> [Your instructions]
Copy each line of the records below that mentions the word "Acts".
-- Task material follows --
-- ===== src/Bmp/Peer/Moved.antt =====
-- internal/ingest/bmp.go: a session whose Peer Up and Peer Down are filed under different network
-- instances (`peerState`).
use for_visibility.Prelude.{
  ℕ, suc, ◌≡◌, refl, ap, ◌∙◌, Bool, true, false, not, ◌&&◌, ◌==◌, Option, some, none, List, [], ◌∷◌,
  ◌++◌, if-cases, arith,
}
use for_visibility.Prelude.Assoc.{lookup}
use for_visibility.Text.{Bytes, text, bytes_beq, bytes_eq}
use for_visibility.Text.Address.{ip_string, is_unspecified}
use for_visibility.Text.Decimal.{itoa}
use for_visibility.Gnmi.{
  PathElem, TypedValue, string_val, Update, Notification, leaf_update, Effect, cache_update,
}
use for_visibility.Gnmi.Paths.{plain, keyed, keyed2, neighbor_elems}
use for_visibility.Gnmi.Match.{elems_beq, elem_beq, key_beq, elems_beq-append, written}
use for_visibility.Cache.{GnmiCache, run_effects}
use for_visibility.Vrf.{Kernel, non_default_names}
use for_visibility.Bmp.Peer.{
  Bmp, PeerHeader, is_empty, per_peer, peer_up_vrf, sole, learn, learn_new, rd_instance,
  peer_instance, peer_updates, peer_known, peer_state,
}

-- the leaf with the state of a session
abbrev pub session_leaf : Bytes → PeerHeader → List PathElem
session_leaf vrf h = neighbor_elems vrf (ip_string h.peer) (text "session-state")

-- the elements in front of the leaf
abbrev neighbor_base : Bytes → Bytes → List PathElem
neighbor_base vrf peer =
    plain (text "network-instances")
    ∷ keyed (text "network-instance") (text "name") vrf
    ∷ plain (text "protocols")
    ∷ keyed2 (text "protocol") (text "identifier") (text "BGP") (text "name") (text "bgp")
    ∷ plain (text "bgp")
    ∷ plain (text "neighbors")
    ∷ keyed (text "neighbor") (text "neighbor-address") peer
    ∷ plain (text "state")
    ∷ []

same_leaf :
    (vrf peer : Bytes)
    → elems_beq
        (neighbor_elems vrf peer (text "session-state"))
        (neighbor_elems vrf peer (text "session-state"))
      ≡ true
unfolding neighbor_elems elems_beq elem_beq key_beq text bytes_beq
same_leaf vrf peer =
    elems_beq-append (neighbor_base vrf peer) (plain (text "session-state") ∷ [])
      (plain (text "session-state") ∷ [])

as_leaf :
    (vrf peer : Bytes)
    → elems_beq
        (neighbor_elems vrf peer (text "peer-as"))
        (neighbor_elems vrf peer (text "session-state"))
      ≡ false
unfolding neighbor_elems elems_beq elem_beq key_beq text bytes_beq
as_leaf vrf peer =
    elems_beq-append (neighbor_base vrf peer) (plain (text "peer-as") ∷ [])
      (plain (text "session-state") ∷ [])

other_vrf :
    (v w peer peer' leaf leaf' : Bytes)
    → bytes_beq v w ≡ false
    → elems_beq (neighbor_elems v peer leaf) (neighbor_elems w peer' leaf') ≡ false
unfolding neighbor_elems elems_beq elem_beq key_beq text bytes_beq
other_vrf v w peer peer' leaf leaf' differ = rw differ refl

written-up :
    (vrf : Bytes) (h : PeerHeader) (old : Option TypedValue)
    → written (peer_updates vrf h true) (session_leaf vrf h) old
      ≡ some (string_val (text "ESTABLISHED"))
unfolding written peer_updates
written-up vrf h old =
    if-cases
      (λ (ups : List Update).
        written ups (session_leaf vrf h) old ≡ some (string_val (text "ESTABLISHED")))
      (not (h.peer_as == 0))
      (leaf_update (session_leaf vrf h) (text "ESTABLISHED")
        ∷ leaf_update (neighbor_elems vrf (ip_string h.peer) (text "peer-as")) (itoa h.peer_as)
        ∷ [])
      (leaf_update (session_leaf vrf h) (text "ESTABLISHED") ∷ [])
      (λ _. rw (same_leaf vrf (ip_string h.peer), as_leaf vrf (ip_string h.peer)) refl)
      (λ _. rw (same_leaf vrf (ip_string h.peer)) refl)

written-down :
    (vrf : Bytes) (h : PeerHeader) (old : Option TypedValue)
    → written (peer_updates vrf h false) (session_leaf vrf h) old ≡ some (string_val (text "IDLE"))
unfolding written peer_updates
written-down vrf h old = rw (same_leaf vrf (ip_string h.peer)) refl

written-elsewhere :
    (v w : Bytes) (h h' : PeerHeader) (old : Option TypedValue)
    → bytes_beq v w ≡ false
    → written (peer_updates v h false) (session_leaf w h') old ≡ old
unfolding written peer_updates
written-elsewhere v w h h' old differ =
    rw
      (other_vrf v w (ip_string h.peer) (ip_string h'.peer) (text "session-state")
        (text "session-state") differ)
      refl

&&-true : (a b : Bool) → a && b ≡ true → (a ≡ true) × (b ≡ true)
&&-true a b h = ground arith

-- A Peer Up and a later Peer Down of one neighbor, whose distinguisher has no name before. The Peer Up
-- tells no name and does not find exactly one VRF device; at the Peer Down exactly one, `n`, is there.
pub record IsUnlearned (kernel kernel' : Kernel) (b : Bmp) (h h' : PeerHeader)
    (body body' n : Bytes) : Type 0 where
  pub up_header : per_peer body ≡ some h
  pub down_header : per_peer body' ≡ some h'
  pub same_peer : h'.peer ≡ h.peer
  pub same_rd : h'.rd ≡ h.rd
  pub real : is_unspecified h.peer ≡ false
  pub distinguished : is_empty h.rd ≡ false
  pub unknown : lookup h.rd b.rd_vrf ≡ none
  pub silent : peer_up_vrf body ≡ []
  pub not_one : sole (non_default_names kernel b.vrf).0 ≡ []
  pub one : (non_default_names kernel' (non_default_names kernel b.vrf).1).0 ≡ n ∷ []
  pub named : is_empty n ≡ false
  pub another : bytes_beq n h.rd ≡ false

-- what the two messages do to the cache
abbrev pub two_effects : Kernel → Kernel → Bmp → Bytes → Bytes → List Effect
two_effects kernel kernel' b body body' =
    (peer_state kernel b body true).1
    ++ (peer_state kernel' (peer_state kernel b body true).0 body' false).1

module _ (kernel kernel' : Kernel) (b : Bmp) (h h' : PeerHeader) (body body' n : Bytes)
    (u : IsUnlearned kernel kernel' b h h' body body' n) where
  up_state : peer_state kernel b body true ≡ (
    record b { vrf = (non_default_names kernel b.vrf).1 },
    cache_update (text "openconfig") (peer_updates h.rd h true) [] ∷ [],
  )
  unfolding peer_state peer_known peer_instance rd_instance learn_new learn
  up_state = ground (arith, u.up_header, u.real, u.distinguished, u.unknown, u.silent, u.not_one)

  down_state :
      (peer_state kernel' (record b { vrf = (non_default_names kernel b.vrf).1 }) body' false).1
      ≡ cache_update (text "openconfig") (peer_updates n h' false) [] ∷ []
  unfolding peer_state peer_known peer_instance rd_instance learn_new learn
  down_state = ground (
    arith, u.down_header, u.same_peer, u.same_rd, u.real, u.distinguished, u.unknown, u.one,
    u.named,
  )

  both :
      two_effects kernel kernel' b body body'
      ≡ cache_update (text "openconfig") (peer_updates h.rd h true) []
        ∷ cache_update (text "openconfig") (peer_updates n h' false) []
        ∷ []
  both = rw (up_state, down_state) refl

  same_leaves : session_leaf n h' ≡ session_leaf n h
  same_leaves = ap (λ peer. neighbor_elems n (ip_string peer) (text "session-state")) u.same_peer

-- the notification of one call of `Update`
abbrev note : Bytes → ℕ → List Update → Notification
note target now ups = record {
  timestamp = now;
  prefix = record { target = target; origin = text "openconfig"; elem = [] };
  update = ups;
  delete = [];
}

-- A Peer Up tells no VRF name and does not find exactly one VRF device, and its distinguisher has no
-- name yet: it is filed under the distinguisher. The Peer Down of the same neighbor, if it finds exactly
-- one device, is filed under the device's name. When the cache has accepted both, the session is IDLE
-- there, and the entry of the Peer Up still says ESTABLISHED.
pub peer_state-moves :
    (g : GnmiCache) (target : Bytes) (clock : ℕ → ℕ) (k : ℕ) (t : g.Tree) (kernel kernel' : Kernel)
    (b : Bmp) (h h' : PeerHeader) (body body' n : Bytes)
    → IsUnlearned kernel kernel' b h h' body body' n
    → (run_effects g target clock k (two_effects kernel kernel' b body body') t).1 ≡ true
    → (g.leaf
          (run_effects g target clock k (two_effects kernel kernel' b body body') t).0
          target
          (text "openconfig")
          (session_leaf h.rd h)
        ≡ some (string_val (text "ESTABLISHED")))
      × (g.leaf
            (run_effects g target clock k (two_effects kernel kernel' b body body') t).0
            target
            (text "openconfig")
            (session_leaf n h)
          ≡ some (string_val (text "IDLE")))
peer_state-moves g target clock k t kernel kernel' b h h' body body' n u =
    unfold run_effects in
    rw
      (
        both kernel kernel' b h h' body body' n u,
        ← same_leaves kernel kernel' b h h' body body' n u,
      )
      λ fine.
        let oks = &&-true _ _ fine in
        let up = note target (clock k) (peer_updates h.rd h true) in
        let down = note target (clock (suc k)) (peer_updates n h' false) in
        let law = λ (e : List PathElem).
          g.leaf-update down (g.gnmi_update up t).0 e refl refl (&&-true _ _ oks.1).0 in
        let first = λ (e : List PathElem). g.leaf-update up t e refl refl oks.0 in
        (
          law (session_leaf h.rd h)
              ∙ written-elsewhere n h.rd h' h _ u.another
              ∙ first (session_leaf h.rd h)
              ∙ written-up h.rd h _,
          law (session_leaf n h') ∙ written-down n h' _,
        )
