-- ===== src/Bmp/Race.antt =====
-- internal/ingest/bmp.go: `peerState` runs in a goroutine for every connection of bgpd, and holds the
-- lock around the lookup of a distinguisher and around the store of its name, not in between. A step
-- relation: the goroutines take turns.
pub mod Alone
pub mod Overwritten
pub mod Settled
use for_visibility.Prelude.{
  ℕ, ◌≡◌, Bool, true, false, Option, some, none, List, [], ◌∷◌, ◌++◌, ◌==◌, if◌then◌else◌,
}
use for_visibility.Prelude.Assoc.{lookup, insert}
use for_visibility.Text.{Bytes, text, bytes_eq}
use for_visibility.Text.Address.{is_unspecified}
use for_visibility.Gnmi.{Effect, cache_update}
use for_visibility.Vrf.{Kernel, non_default_names}
use for_visibility.Bmp.Peer.{Bmp, PeerHeader, is_empty, per_peer, peer_up_vrf, sole, peer_updates}

-- Where a goroutine stands: in no `peerState`; behind the lookup, which found nothing; with a name
-- that it is about to store; with the network instance under which it files the neighbor.
pub data Stage : Type 0 where
  away : Stage
  unnamed : PeerHeader → Bytes → Bool → Stage
  naming : PeerHeader → Bool → Bytes → Stage
  filing : PeerHeader → Bool → Bytes → Stage

-- What the goroutines share: the ingester, the cache updates so far, and as a ghost the distinguisher
-- and the instance of each neighbor filed so far.
pub record Board : Type 0 where
  pub bmp : Bmp
  pub calls : List Effect
  pub filed : List (Bytes × Bytes)

-- behind `name, ok := b.rdVRF[rd]`
abbrev pub looked_up : Bytes → Bool → PeerHeader → Option Bytes → Stage
looked_up body up h (some name) = filing h up name
looked_up body up h none = unnamed h body up

-- the lookup, for a distinguisher that is not empty
unfoldable pub look_up : Bmp → Bytes → Bool → PeerHeader → Stage
look_up b body up h =
    if is_empty h.rd
    then filing h up (text "default")
    else looked_up body up h (lookup h.rd b.rd_vrf)

-- `if name != "" { … store } else { name = rd }`
unfoldable pub named_or_rd : PeerHeader → Bool → Bytes → Stage
named_or_rd h up name = if is_empty name then filing h up h.rd else naming h up name

-- the name that the message tells, or else that of the only VRF
unfoldable pub choose_name : Kernel → Bmp → PeerHeader → Bool → Bytes → Bmp × Stage
unfolding named_or_rd
choose_name kernel b h up told =
    let (names, resolver) = non_default_names kernel b.vrf in
    if is_empty told
    then (record b { vrf = resolver }, named_or_rd h up (sole names))
    else (b, named_or_rd h up told)

abbrev pub told_name : Bytes → Bool → Bytes
told_name body up = if up then peer_up_vrf body else []

-- One step of a `peerState`. The choice of a name, with the call of NonDefaultNames, is one step.
pub data Act (s : Board) : Stage → Board → Stage → Type 0 where
  skip_short : (body : Bytes) → per_peer body ≡ none → Act s away s away
  skip_unspecified :
      (body : Bytes) (h : PeerHeader)
      → per_peer body ≡ some h
      → is_unspecified h.peer ≡ true
      → Act s away s away
  look :
      (body : Bytes) (up : Bool) (h : PeerHeader)
      → per_peer body ≡ some h
      → is_unspecified h.peer ≡ false
      → Act s away s (look_up s.bmp body up h)
  choose :
      (kernel : Kernel) (h : PeerHeader) (body : Bytes) (up : Bool)
      → Act s
          (unnamed h body up)
          (record s { bmp = (choose_name kernel s.bmp h up (told_name body up)).0 })
          (choose_name kernel s.bmp h up (told_name body up)).1
  store :
      (h : PeerHeader) (up : Bool) (name : Bytes)
      → Act s
          (naming h up name)
          (record s { bmp = record s.bmp { rd_vrf = insert h.rd name s.bmp.rd_vrf } })
          (filing h up name)
  file :
      (h : PeerHeader) (up : Bool) (vrf : Bytes)
      → Act s
          (filing h up vrf)
          (record s {
            calls = s.calls ++ cache_update (text "openconfig") (peer_updates vrf h up) [] ∷ [];
            filed = s.filed ++ (h.rd, vrf) ∷ [];
          })
          away

-- `stage g` is where the goroutine of the connection `g` stands
pub record System : Type 0 where
  pub board : Board
  pub stage : ℕ → Stage

abbrev pub set_stage : ℕ → Stage → (ℕ → Stage) → ℕ → Stage
set_stage g p stage j = if j == g then p else stage j

pub data Step (s : System) : System → Type 0 where
  turn :
      {t : Board} {p : Stage} (g : ℕ)
      → Act s.board (s.stage g) t p
      → Step s (record { board = t; stage = set_stage g p s.stage })

pub data Steps : System → System → Type 0 where
  rest : {s : System} → Steps s s
  steps : {s t u : System} → Step s t → Steps t u → Steps s u

-- the steps of one goroutine that nothing interrupts
pub data Acts : Board → Stage → Board → Stage → Type 0 where
  done : {s : Board} {p : Stage} → Acts s p s p
  acts : {s t u : Board} {p q r : Stage} → Act s p t q → Acts t q u r → Acts s p u r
-- Task material concluded --
> [Response to the task]
pub data Acts : Board → Stage → Board → Stage → Type 0 where
  done : {s : Board} {p : Stage} → Acts s p s p
  acts : {s t u : Board} {p q r : Stage} → Act s p t q → Acts t q u r → Acts s p u r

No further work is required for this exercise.